De acordo com a representação, Eduardo Bolsonaro tem mantido contatos com aliados do ex-presidente Donald Trump e outros setores da direita norte-americana com o objetivo de deslegitimar o sistema judiciário brasileiro e interferir nas investigações que apuram a tentativa de golpe de Estado em 8 de janeiro de 2023. A Procuradoria afirma ainda que o deputado busca influenciar decisões internacionais que possam constranger o Brasil institucionalmente.
As autoridades suspeitam que Eduardo estaria tentando obter apoio político nos EUA para minar a credibilidade das investigações conduzidas pelo STF, que envolvem seu pai, o ex-presidente Jair Bolsonaro, e aliados próximos.

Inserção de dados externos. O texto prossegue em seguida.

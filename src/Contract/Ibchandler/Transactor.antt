-- ===== src/Contract/Ibchandler/Transactor.antt =====
-- pkg/contract/ibchandler/ibchandler.go: the methods that send a transaction.
use yui_ibc_solidity.Prelude.{ℕ, Bytes, [], ◌∷◌, codes}
use yui_ibc_solidity.Prelude.Try.{Try}
use yui_ibc_solidity.Contract.Bound.{Basic, BoundContract}
use yui_ibc_solidity.Contract.Ibchandler.Structs.{
  Structs, MsgPacketAcknowledgement, MsgChannelOpenAck, MsgChannelOpenConfirm, MsgChannelOpenInit,
  MsgChannelOpenTry, MsgConnectionOpenAck, MsgConnectionOpenConfirm, MsgConnectionOpenInit,
  MsgConnectionOpenTry, MsgCreateClient, MsgPacketRecv, PacketData, MsgUpdateClient,
}

module _ {E Value CallOpts TransactOpts Tx : Type 0} (basic : Basic Value) (structs : Structs Value)
    (contract : BoundContract E Value CallOpts TransactOpts Tx) where
  unfoldable pub acknowledge_packet : TransactOpts → MsgPacketAcknowledgement → Try E Tx
  acknowledge_packet opts msg =
      contract.transact opts (codes "acknowledgePacket")
        (structs.msg_packet_acknowledgement.box msg ∷ [])

  unfoldable pub bind_port : TransactOpts → Bytes → ℕ → Try E Tx
  bind_port opts port_id module_address =
      contract.transact opts (codes "bindPort")
        (basic.string.box port_id ∷ basic.address.box module_address ∷ [])

  unfoldable pub channel_open_ack : TransactOpts → MsgChannelOpenAck → Try E Tx
  channel_open_ack opts msg =
      contract.transact opts (codes "channelOpenAck") (structs.msg_channel_open_ack.box msg ∷ [])

  unfoldable pub channel_open_confirm : TransactOpts → MsgChannelOpenConfirm → Try E Tx
  channel_open_confirm opts msg =
      contract.transact opts (codes "channelOpenConfirm")
        (structs.msg_channel_open_confirm.box msg ∷ [])

  unfoldable pub channel_open_init : TransactOpts → MsgChannelOpenInit → Try E Tx
  channel_open_init opts msg =
      contract.transact opts (codes "channelOpenInit") (structs.msg_channel_open_init.box msg ∷ [])

  unfoldable pub channel_open_try : TransactOpts → MsgChannelOpenTry → Try E Tx
  channel_open_try opts msg =
      contract.transact opts (codes "channelOpenTry") (structs.msg_channel_open_try.box msg ∷ [])

  unfoldable pub connection_open_ack : TransactOpts → MsgConnectionOpenAck → Try E Tx
  connection_open_ack opts msg =
      contract.transact opts (codes "connectionOpenAck")
        (structs.msg_connection_open_ack.box msg ∷ [])

  unfoldable pub connection_open_confirm : TransactOpts → MsgConnectionOpenConfirm → Try E Tx
  connection_open_confirm opts msg =
      contract.transact opts (codes "connectionOpenConfirm")
        (structs.msg_connection_open_confirm.box msg ∷ [])

  unfoldable pub connection_open_init : TransactOpts → MsgConnectionOpenInit → Try E Tx
  connection_open_init opts msg =
      contract.transact opts (codes "connectionOpenInit")
        (structs.msg_connection_open_init.box msg ∷ [])

  unfoldable pub connection_open_try : TransactOpts → MsgConnectionOpenTry → Try E Tx
  connection_open_try opts msg =
      contract.transact opts (codes "connectionOpenTry")
        (structs.msg_connection_open_try.box msg ∷ [])

  unfoldable pub create_client : TransactOpts → MsgCreateClient → Try E Tx
  create_client opts msg =
      contract.transact opts (codes "createClient") (structs.msg_create_client.box msg ∷ [])

  unfoldable pub recv_packet : TransactOpts → MsgPacketRecv → Try E Tx
  recv_packet opts msg =
      contract.transact opts (codes "recvPacket") (structs.msg_packet_recv.box msg ∷ [])

  unfoldable pub register_client : TransactOpts → Bytes → ℕ → Try E Tx
  register_client opts client_type client =
      contract.transact opts (codes "registerClient")
        (basic.string.box client_type ∷ basic.address.box client ∷ [])

  unfoldable pub send_packet : TransactOpts → PacketData → Try E Tx
  send_packet opts packet =
      contract.transact opts (codes "sendPacket") (structs.packet_data.box packet ∷ [])

  unfoldable pub update_client : TransactOpts → MsgUpdateClient → Try E Tx
  update_client opts msg =
      contract.transact opts (codes "updateClient") (structs.msg_update_client.box msg ∷ [])

  unfoldable pub write_acknowledgement : TransactOpts → Bytes → Bytes → ℕ → Bytes → Try E Tx
  write_acknowledgement opts destination_port_id destination_channel sequence acknowledgement =
      contract.transact opts (codes "writeAcknowledgement") (
        basic.string.box destination_port_id
        ∷ basic.string.box destination_channel
        ∷ basic.uint64.box sequence
        ∷ basic.bytes.box acknowledgement
        ∷ [])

A iniciativa seria parte de uma estratégia para dificultar o avanço das apurações sobre os atos antidemocráticos e a suposta tentativa de impedir a posse do presidente Luiz Inácio Lula da Silva.
A decisão de Moraes amplia o cerco judicial ao entorno de Jair Bolsonaro, reforçando a tese de que os ataques às instituições democráticas continuam sendo articulados mesmo fora do país. O STF vê com preocupação a internacionalização dessas ofensivas e deve acelerar as diligências para apurar o caso.
A defesa de Eduardo Bolsonaro ainda não se manifestou sobre o novo inquérito.